> [Problem statement] Only the count is needed. Count the lines below with the word "store" in them.

> [Information supplied]
= Beginning of Section =

-- ===== src/Repositories/UserPoints.antt =====
-- backend/src/modules/point/repositories/user-point.repository.ts
use web3_point_exchange.Common.{ℕ, ℤ, Bool, Option, none, some, List, map, ◌==◌, length}
use web3_point_exchange.Entities.{UserPoint}
use web3_point_exchange.Platform.{Platform, desc}
use web3_point_exchange.Repositories.Query.{passes}
use web3_point_exchange.World.{Db, Action, Conn, ok, err, db_rejected, gets, store, written}

unfoldable pub by_id : ℕ → UserPoint → Bool
by_id i r = r.user_point_id == i

unfoldable pub by_user : ℕ → UserPoint → Bool
by_user u r = r.user_id == u

unfoldable pub ids : List UserPoint → List ℕ
ids = map λ r. r.user_point_id

unfoldable pub set_balance : ℤ → ℕ → UserPoint → UserPoint
set_balance v now r = record r { balance = v; updated_at = now }

module _ ⦃p : Platform⦄ where
  unfoldable pub find_by_id : ℕ → Action (Option UserPoint)
  find_by_id i = gets (λ w. p.find_one (by_id i) w.db.user_points)

  unfoldable pub find_by_user_id : ℕ → Action (Option UserPoint)
  find_by_user_id u = gets (λ w. p.find_one (by_user u) w.db.user_points)

  -- The unique index on `user_id` may refuse the row.
  unfoldable pub create : ℕ → ℤ → Conn → Action UserPoint
  create u v c w =
      let d : Db = written c w in
      let row : UserPoint = record {
        user_point_id = p.fresh (ids d.user_points);
        user_id = u;
        balance = v;
        created_at = w.now;
        updated_at = w.now;
      } in
      elim (p.insert row d.user_points) [
        | none ↦ (err db_rejected, w)
        | some t ↦ (ok row, store c (record d { user_points = t }) w)
      ]

  unfoldable pub update_balance : ℕ → ℤ → Conn → Action (Unit {0})
  update_balance u v c w =
      let d : Db = written c w in
      elim (p.update (by_user u) (set_balance v w.now) d.user_points) [
        | none ↦ (err db_rejected, w)
        | some t ↦ (ok tt, store c (record d { user_points = t }) w)
      ]

-- `take` is not called, so no page cuts the result.
abbrev matches : Option ℕ → UserPoint → Bool
matches u r = passes u r.user_id

module _ ⦃p : Platform⦄ where
  unfoldable pub get_with_pagination : Option ℕ → Action (List UserPoint × ℕ)
  get_with_pagination u = gets (λ w.
      p.page (matches u) (λ r. r.created_at) desc 0 (length w.db.user_points) w.db.user_points)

= End of Section =

> [Written response] 3